**Input data:**
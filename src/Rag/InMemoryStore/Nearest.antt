-- ===== src/Rag/InMemoryStore/Nearest.antt =====
-- What a search gives.
use mathlib.Core.List.{filter_map, filter_map-append, foldr}
use mathlib.Core.List.{Perm}
use mathlib.Core.List.Perm
use native.Mathlib.Nat.{ℕ_set}
use langchain_cpp.Base.{
  ℕ, zero, suc, ◌≡◌, ◌≤◌, refl, ap, sym, subst, ◌∙◌, Bool, true, false, List, [], ◌∷◌, ◌++◌, some,
  arith, All, length, length-append, take, drop, take-drop, length-take, get_elem?, append_assoc,
  get_elem?-append, All-drop, min, Option-cases, inl, inr,
}
use langchain_cpp.Rag.Similarity.{
  Floats, Sort, nearest, ranking, pick, iota, vector_at, cosine_similarity,
}

module _ {A : Type 0} where
  length-foldr : (xs : List A) → foldr (λ x n. suc n) 0 xs ≡ length xs
  length-foldr [] = refl
  length-foldr (x ∷ xs) = ap suc (length-foldr xs)

  length-perm : {xs ys : List A} → Perm xs ys → length xs ≡ length ys
  length-perm {xs} {ys} p =
      sym (length-foldr xs)
      ∙ Perm.foldr-eq ℕ_set (λ x n. suc n) (λ a b n. refl) p 0
      ∙ length-foldr ys

  -- No element is to come before an earlier one.
  abbrev pub Ordered : (A → A → Bool) → List A → Type 0
  Ordered less [] = Unit
  Ordered less (x ∷ xs) = All (λ y. less y x ≡ false) xs × Ordered less xs

  split-Ordered :
      (less : A → A → Bool) (n : ℕ) (xs : List A)
      → Ordered less xs
      → All (λ x. All (λ y. less y x ≡ false) (drop n xs)) (take n xs)
  split-Ordered less zero xs h = tt
  split-Ordered less (suc n) [] h = tt
  split-Ordered less (suc n) (x ∷ xs) h =
      (All-drop (λ y. less y x ≡ false) n xs h.0, split-Ordered less n xs h.1)

  pick-cons :
      (items : List A) (i : ℕ) (is : List ℕ) (x : A)
      → get_elem? items i ≡ some x
      → pick items (i ∷ is) ≡ x ∷ pick items is
  unfolding filter_map
  pick-cons items i is x e = rw e refl

  -- All the items in their own order.
  pick-iota :
      (before items : List A) → pick (before ++ items) (iota (length before) (length items)) ≡ items
  unfolding filter_map
  pick-iota before [] = refl
  pick-iota before (x ∷ items) =
      pick-cons (before ++ x ∷ items) (length before) (iota (suc (length before)) (length items)) x
        (get_elem?-append before x items)
      ∙ ap (λ xs. x ∷ xs)
          (subst (λ n. pick (before ++ x ∷ items) (iota n (length items)) ≡ items)
            (omega (arith, length-append before (x ∷ [])))
            (subst (λ l. pick l (iota (length (before ++ x ∷ [])) (length items)) ≡ items)
              (append_assoc before (x ∷ []) items) (pick-iota (before ++ x ∷ []) items)))

  length-pick : (items : List A) (is : List ℕ) → length (pick items is) ≤ length is
  unfolding filter_map
  length-pick items [] = omega arith
  length-pick items (i ∷ is) = elim (Option-cases (get_elem? items i)) [
    | inl e ↦ rw e (omega (arith, length-pick items is))
    | inr (x, e) ↦ rw e (omega (arith, length-pick items is))
  ]

length-iota : (i n : ℕ) → length (iota i n) ≡ n
length-iota i zero = refl
length-iota i (suc n) = ap suc (length-iota (suc i) n)

-- A choice of `n` of the items, all at least as near as each of the others.
abbrev IsChoice : {A : Type 0} → (ℕ → ℕ → Bool) → ℕ → List A → List A → Type 0
IsChoice {A} less n items results =
    (length results ≡ n)
    × ((chosen : List ℕ) × (others : List ℕ) × (results ≡ pick items chosen)
        × Perm (pick items chosen ++ pick items others) items
        × All (λ a. All (λ b. less b a ≡ false) others) chosen)

choose :
    {A : Type 0} (less : ℕ → ℕ → Bool) (k : ℕ) (items : List A) (order : List ℕ)
    → Perm order (iota 0 (length items))
    → Ordered less order
    → IsChoice less (min k (length items)) items (pick items (take (min k (length items)) order))
choose less k items order p o =
    let n = min k (length items) in
    let chosen = take n order in
    let others = drop n order in
    let size : length order ≡ length items = length-perm p ∙ length-iota 0 (length items) in
    let all : Perm (pick items chosen ++ pick items others) items =
      subst (λ xs. Perm xs items)
        (ap (pick items) (sym (take-drop n order))
          ∙ filter_map-append (get_elem? items) chosen others)
        (subst (λ xs. Perm (pick items order) xs) (pick-iota [] items)
          (Perm.filter_map (get_elem? items) p)) in
    (
      omega (
        arith,
        length-take n order (omega (arith, size)),
        length-pick items chosen,
        length-pick items others,
        ap length (take-drop n order),
        length-append chosen others,
        length-perm all,
        length-append (pick items chosen) (pick items others),
        size,
      ),
      (chosen, others, refl, all, split-Ordered less n order o),
    )

-- A strict weak order, as std::sort requires of its comparison.
pub record IsStrictWeak {A : Type 0} (less : A → A → Bool) : Type 0 where
  pub irreflexive : (a : A) → less a a ≡ false
  pub transitive : (a b c : A) → less a b ≡ true → less b c ≡ true → less a c ≡ true
  -- Not being less is transitive.
  pub cotransitive : (a b c : A) → less a b ≡ false → less b c ≡ false → less a c ≡ false

-- What std::sort promises: a permutation in which no element is less than an earlier one.
abbrev pub IsSort : Sort → Type 1
IsSort sort =
    (A : Type 0) (less : A → A → Bool) (xs : List A)
    → IsStrictWeak less
    → Perm (sort A less xs) xs × Ordered less (sort A less xs)

module _ (F : Floats) where
  -- The similarity of the query and of the item at an index.
  abbrev pub similarity : List F.Float → List (List F.Float) → ℕ → F.Float
  similarity query vectors i = cosine_similarity F query (vector_at vectors i)

  -- Whether the item at `a` is more similar to the query than that at `b`.
  abbrev pub more_similar : List F.Float → List (List F.Float) → ℕ → ℕ → Bool
  more_similar query vectors a b = F.above (similarity query vectors a) (similarity query vectors b)

  -- The results are `n` items at chosen indices, which together with the others are the items, and no
  -- other index has a similarity above that of a chosen one.
  abbrev pub IsNearest :
      {A : Type 0} → List F.Float → List (List F.Float) → ℕ → List A → List A → Type 0
  IsNearest query vectors n items results =
      (length results ≡ n)
      × ((chosen : List ℕ) × (others : List ℕ) × (results ≡ pick items chosen)
          × Perm (pick items chosen ++ pick items others) items
          × All (λ a. All (λ b. more_similar query vectors b a ≡ false) others) chosen)

  -- Where the sort keeps what std::sort promises, and comparing the similarities is a strict weak order,
  -- as it is where none is NaN, a search returns the k items most similar to the query, or all where there are fewer: as many
  -- as that, none of them less similar than one that is left out, and with those left out they are the
  -- items.
  pub nearest-IsNearest :
      (sort : Sort) {A : Type 0} (query : List F.Float) (vectors : List (List F.Float)) (k : ℕ)
      (items : List A)
      → IsSort sort
      → IsStrictWeak (more_similar query vectors)
      → IsNearest query vectors (min k (length items)) items (nearest F sort query vectors k items)
  unfolding nearest ranking
  nearest-IsNearest sort query vectors k items sorts order =
      let (p, o) = sorts ℕ (more_similar query vectors) (iota 0 (length items)) order in
      choose (more_similar query vectors) k items
        (sort ℕ (more_similar query vectors) (iota 0 (length items))) p o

**Aim of the task:** The full listing, retyped exactly, is the expected answer.

**Task answer:**
filename src/Rag/InMemoryStore/Nearest.antt
-- ===== src/Rag/InMemoryStore/Nearest.antt =====
-- What a search gives.
use mathlib.Core.List.{filter_map, filter_map-append, foldr}
use mathlib.Core.List.{Perm}
use mathlib.Core.List.Perm
use native.Mathlib.Nat.{ℕ_set}
use langchain_cpp.Base.{
  ℕ, zero, suc, ◌≡◌, ◌≤◌, refl, ap, sym, subst, ◌∙◌, Bool, true, false, List, [], ◌∷◌, ◌++◌, some,
  arith, All, length, length-append, take, drop, take-drop, length-take, get_elem?, append_assoc,
  get_elem?-append, All-drop, min, Option-cases, inl, inr,
}
use langchain_cpp.Rag.Similarity.{
  Floats, Sort, nearest, ranking, pick, iota, vector_at, cosine_similarity,
}

module _ {A : Type 0} where
  length-foldr : (xs : List A) → foldr (λ x n. suc n) 0 xs ≡ length xs
  length-foldr [] = refl
  length-foldr (x ∷ xs) = ap suc (length-foldr xs)

  length-perm : {xs ys : List A} → Perm xs ys → length xs ≡ length ys
  length-perm {xs} {ys} p =
      sym (length-foldr xs)
      ∙ Perm.foldr-eq ℕ_set (λ x n. suc n) (λ a b n. refl) p 0
      ∙ length-foldr ys

  -- No element is to come before an earlier one.
  abbrev pub Ordered : (A → A → Bool) → List A → Type 0
  Ordered less [] = Unit
  Ordered less (x ∷ xs) = All (λ y. less y x ≡ false) xs × Ordered less xs

  split-Ordered :
      (less : A → A → Bool) (n : ℕ) (xs : List A)
      → Ordered less xs
      → All (λ x. All (λ y. less y x ≡ false) (drop n xs)) (take n xs)
  split-Ordered less zero xs h = tt
  split-Ordered less (suc n) [] h = tt
  split-Ordered less (suc n) (x ∷ xs) h =
      (All-drop (λ y. less y x ≡ false) n xs h.0, split-Ordered less n xs h.1)

  pick-cons :
      (items : List A) (i : ℕ) (is : List ℕ) (x : A)
      → get_elem? items i ≡ some x
      → pick items (i ∷ is) ≡ x ∷ pick items is
  unfolding filter_map
  pick-cons items i is x e = rw e refl

  -- All the items in their own order.
  pick-iota :
      (before items : List A) → pick (before ++ items) (iota (length before) (length items)) ≡ items
  unfolding filter_map
  pick-iota before [] = refl
  pick-iota before (x ∷ items) =
      pick-cons (before ++ x ∷ items) (length before) (iota (suc (length before)) (length items)) x
        (get_elem?-append before x items)
      ∙ ap (λ xs. x ∷ xs)
          (subst (λ n. pick (before ++ x ∷ items) (iota n (length items)) ≡ items)
            (omega (arith, length-append before (x ∷ [])))
            (subst (λ l. pick l (iota (length (before ++ x ∷ [])) (length items)) ≡ items)
              (append_assoc before (x ∷ []) items) (pick-iota (before ++ x ∷ []) items)))

  length-pick : (items : List A) (is : List ℕ) → length (pick items is) ≤ length is
  unfolding filter_map
  length-pick items [] = omega arith
  length-pick items (i ∷ is) = elim (Option-cases (get_elem? items i)) [
    | inl e ↦ rw e (omega (arith, length-pick items is))
    | inr (x, e) ↦ rw e (omega (arith, length-pick items is))
  ]

length-iota : (i n : ℕ) → length (iota i n) ≡ n
length-iota i zero = refl
length-iota i (suc n) = ap suc (length-iota (suc i) n)

-- A choice of `n` of the items, all at least as near as each of the others.
abbrev IsChoice : {A : Type 0} → (ℕ → ℕ → Bool) → ℕ → List A → List A → Type 0
IsChoice {A} less n items results =
    (length results ≡ n)
    × ((chosen : List ℕ) × (others : List ℕ) × (results ≡ pick items chosen)
        × Perm (pick items chosen ++ pick items others) items
        × All (λ a. All (λ b. less b a ≡ false) others) chosen)

choose :
    {A : Type 0} (less : ℕ → ℕ → Bool) (k : ℕ) (items : List A) (order : List ℕ)
    → Perm order (iota 0 (length items))
    → Ordered less order
    → IsChoice less (min k (length items)) items (pick items (take (min k (length items)) order))
choose less k items order p o =
    let n = min k (length items) in
    let chosen = take n order in
    let others = drop n order in
    let size : length order ≡ length items = length-perm p ∙ length-iota 0 (length items) in
    let all : Perm (pick items chosen ++ pick items others) items =
      subst (λ xs. Perm xs items)
        (ap (pick items) (sym (take-drop n order))
          ∙ filter_map-append (get_elem? items) chosen others)
        (subst (λ xs. Perm (pick items order) xs) (pick-iota [] items)
          (Perm.filter_map (get_elem? items) p)) in
    (
      omega (
        arith,
        length-take n order (omega (arith, size)),
        length-pick items chosen,
        length-pick items others,
        ap length (take-drop n order),
        length-append chosen others,
        length-perm all,
        length-append (pick items chosen) (pick items others),
        size,
      ),
      (chosen, others, refl, all, split-Ordered less n order o),
    )

-- A strict weak order, as std::sort requires of its comparison.
pub record IsStrictWeak {A : Type 0} (less : A → A → Bool) : Type 0 where
  pub irreflexive : (a : A) → less a a ≡ false
  pub transitive : (a b c : A) → less a b ≡ true → less b c ≡ true → less a c ≡ true
  -- Not being less is transitive.
  pub cotransitive : (a b c : A) → less a b ≡ false → less b c ≡ false → less a c ≡ false

-- What std::sort promises: a permutation in which no element is less than an earlier one.
abbrev pub IsSort : Sort → Type 1
IsSort sort =
    (A : Type 0) (less : A → A → Bool) (xs : List A)
    → IsStrictWeak less
    → Perm (sort A less xs) xs × Ordered less (sort A less xs)

module _ (F : Floats) where
  -- The similarity of the query and of the item at an index.
  abbrev pub similarity : List F.Float → List (List F.Float) → ℕ → F.Float
  similarity query vectors i = cosine_similarity F query (vector_at vectors i)

  -- Whether the item at `a` is more similar to the query than that at `b`.
  abbrev pub more_similar : List F.Float → List (List F.Float) → ℕ → ℕ → Bool
  more_similar query vectors a b = F.above (similarity query vectors a) (similarity query vectors b)

  -- The results are `n` items at chosen indices, which together with the others are the items, and no
  -- other index has a similarity above that of a chosen one.
  abbrev pub IsNearest :
      {A : Type 0} → List F.Float → List (List F.Float) → ℕ → List A → List A → Type 0
  IsNearest query vectors n items results =
      (length results ≡ n)
      × ((chosen : List ℕ) × (others : List ℕ) × (results ≡ pick items chosen)
          × Perm (pick items chosen ++ pick items others) items
          × All (λ a. All (λ b. more_similar query vectors b a ≡ false) others) chosen)

  -- Where the sort keeps what std::sort promises, and comparing the similarities is a strict weak order,
  -- as it is where none is NaN, a search returns the k items most similar to the query, or all where there are fewer: as many
  -- as that, none of them less similar than one that is left out, and with those left out they are the
  -- items.
  pub nearest-IsNearest :
      (sort : Sort) {A : Type 0} (query : List F.Float) (vectors : List (List F.Float)) (k : ℕ)
      (items : List A)
      → IsSort sort
      → IsStrictWeak (more_similar query vectors)
      → IsNearest query vectors (min k (length items)) items (nearest F sort query vectors k items)
  unfolding nearest ranking
  nearest-IsNearest sort query vectors k items sorts order =
      let (p, o) = sorts ℕ (more_similar query vectors) (iota 0 (length items)) order in
      choose (more_similar query vectors) k items
        (sort ℕ (more_similar query vectors) (iota 0 (length items))) p o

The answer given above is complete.